Saturday, May 08, 2010

Mother, may I?

ON May 10, I wonder how many of us will honor our mother.

I’m not confusing dates. I know that Sunday, May 9, is celebrated as Mother’s Day.

But on Monday, when we select the next women and men to lead the country, for better or worse, we may be subtly influenced in our choices by an institution since nursery days: mothers.

More than any election within recall, this one harnesses a lot of mother power to push candidates for public office.

Former President Corazon Aquino is hailed by many as the “Mother of Philippine Democracy.” Even those unable to swallow this moniker will agree that the devout Catholic and wife of the assassinated Ninoy Aquino left Malacañang Palace unblemished by any taint of corruption, a distinction few past and present occupants can lay claim to.

Cory’s son, Noynoy, is the standard bearer of the Liberal Party (LP). He has enjoyed being at the lead of election surveys, seemingly unfazed by accusations that he is only basking in the reflected affection Filipinos reserve for his parents, twin democracy icons.

Perhaps only speculations about his psychological incapacity have clung persistently to Noynoy throughout a hotly contested race. But even this has not reduced to a travesty the LP’s campaign slogan, “Kung walang corrupt, walang mahirap (translated as: there will be no poverty if there is no corruption).”

Playing to the gallery but seemingly drawing a different reaction is Curita Villar. The 86-year-old mother made her first public appearance on TV to defend her son, Nacionalista Party standard bearer Manny Villar, the only billionaire running for the presidency and the only candidate hounded by charges of corruption and ill-gotten wealth.

Villar, who said he was born in Tondo and had to drop out from first grade to help his mother hawk seafood, also anchors his platform on the eradication of poverty and corruption through “Sipag at Tiyaga (hard work and perseverance).”

Yet, the most visible presidential candidate (courtesy of a well-funded campaign in mass media and the Internet) has been smeared by many controversies. He has tried to elude allegations of breach of ethics as a law-maker and businessman, particularly in the C5 scam.

The testimonial of Villar’s mother, Curita, may have done more harm than good to clear Villar from the mudslinging.
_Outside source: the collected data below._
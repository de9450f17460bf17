-- ===== src/Proc/Sleep.antt =====
-- Lab/code/proc.c: `sleep`, `wakeup1`, `wakeup`, `kill`, `yield`, the dispatch of `scheduler`,
-- `setpriority` and `update_statistics`, each as the change of the table that it makes while it
-- holds `ptable.lock`.
use xmu_learning_os.Base.{
  Bool, Option, add32, each, each-at, first, if◌then◌else◌, ltb, minus_one, none, not, sle, some,
  update, ℕ, ◌&&◌, ◌==◌, ◌≡◌,
}
use xmu_learning_os.Proc.{
  Chan, Kernel, Proc, State, is_sleeping, is_unused, nproc, null, runnable, running, same_chan,
  sleeping,
}

module _ {S : Type 0} where
  -- Write one process, or pass over all of them.
  abbrev pub put : Kernel S → ℕ → Proc → Kernel S
  put k i p = record k { procs = update k.procs i p }

  abbrev pub for_all : (Proc → Proc) → Kernel S → Kernel S
  for_all f k = record k { procs = each nproc f k.procs }

-- `if(p->state == SLEEPING && p->chan == chan) p->state = RUNNABLE`
unfoldable pub wake : Chan → Proc → Proc
wake c p = if is_sleeping p.state && same_chan p.chan c then record p { state = runnable } else p

-- The switch of `update_statistics`; the counters are `int`.
unfoldable pub count_tick : State → Proc → Proc
count_tick sleeping p = record p { stime = add32 p.stime 1 }
count_tick runnable p = record p { retime = add32 p.retime 1 }
count_tick running p = record p { rutime = add32 p.rutime 1 }
count_tick _ p = p

abbrev pub has_pid : ℕ → Proc → Bool
has_pid pid p = p.pid == pid

abbrev pub is_used_pid : ℕ → Proc → Bool
is_used_pid pid p = p.pid == pid && not (is_unused p.state)

-- What `kill` does to the process that it finds.
unfoldable pub kill_proc : Proc → Proc
kill_proc p = record p { killed = 1; state = if is_sleeping p.state then runnable else p.state }

module _ {S : Type 0} where
  unfoldable pub wakeup : Chan → Kernel S → Kernel S
  wakeup c k = for_all (wake c) k

  -- `sleep` up to `sched()`, and after it. The lock `lk` is released in between.
  unfoldable pub sleep : ℕ → Chan → Kernel S → Kernel S
  sleep cur c k = put k cur (record (k.procs cur) { chan = c; state = sleeping })

  unfoldable pub awake : ℕ → Kernel S → Kernel S
  awake cur k = put k cur (record (k.procs cur) { chan = null })

  unfoldable pub yield : ℕ → Kernel S → Kernel S
  yield cur k = put k cur (record (k.procs cur) { state = runnable })

  -- What `scheduler` does to the process that the policy chose.
  unfoldable pub dispatch : Option ℕ → Kernel S → Kernel S
  dispatch none k = k
  dispatch (some i) k = put k i (record (k.procs i) { state = running })

  unfoldable pub kill : ℕ → Kernel S → ℕ × Kernel S
  kill pid k = elim (first (has_pid pid) nproc 0 k.procs) [
    | none ↦ (minus_one, k)
    | some i ↦ (0, put k i (kill_proc (k.procs i)))
  ]

  unfoldable pub setpriority : ℕ → ℕ → Kernel S → ℕ × Kernel S
  setpriority pid priority k =
      if sle 0 pid && sle 0 priority
      then elim (first (is_used_pid pid) nproc 0 k.procs) [
        | none ↦ (minus_one, k)
        | some i ↦ (pid, put k i (record (k.procs i) { priority = priority }))
      ]
      else (minus_one, k)

  unfoldable pub update_statistics : Kernel S → Kernel S
  update_statistics k = for_all (λ p. count_tick p.state p) k

  -- `wakeup` makes exactly the sleepers on its channel runnable, and changes nothing else.
  pub wakeup-procs :
      (c : Chan) (k : Kernel S) (i : ℕ)
      → (wakeup c k).procs i ≡ (if ltb i nproc then wake c (k.procs i) else k.procs i)
  unfolding wakeup
  wakeup-procs c k i = each-at nproc (wake c) k.procs i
Wheelchair-bound and squinting, “Nanay Curing” cried and petitioned the Virgin Mary to “bear witness” that her son “was not lying” about their early poverty and his desire to ease the nation’s poverty during a press conference held in late April.

Excerpts of the press conference with Nanay Curing were shown later as a TV ad.

Yet replays of a piteous Nanay Curing may have affected viewers in ways unanticipated by ad sponsors. For Filipinos, more odious than neglecting one’s parents is exploiting them.

To this accusation, one of Villar’s sisters reportedly retorted, “Who used their mother first?”

Indeed, in a political campaign, when is it acceptable to cite one’s roots? When is a candidate “passing the torch” and continuing an honorable tradition? And when is it “milking your mother for mileage” or something even less polite?

Another presidentiable, Sen. Richard Gordon, disparaged the use of mothers as a campaign strategy. He claimed that his own mother, who sold native cakes on the streets, was even poorer than Villar’s mother.

By deciding not to inject his mother’s struggles in his campaign, Gordon said he acts on this belief: “I stand on my own strengths.”

As a child, I often played with friends a game called “Mother, may I?” Players competed to be the first to advance across the room by asking a leader for permission to step forward. “Mother, may I take three giant steps forward?” one may call out.

The decision for the “mother” to allow her “children” to advance by giant steps or baby steps or not at all was entirely arbitrary. The player to advance the fastest won and acquired the right to be called “mother.” Steeped in the lovely illogic of childhood, my friends and I loved this game.

On May 10, may God spare this country from everything but a clear-eyed love for the Motherland.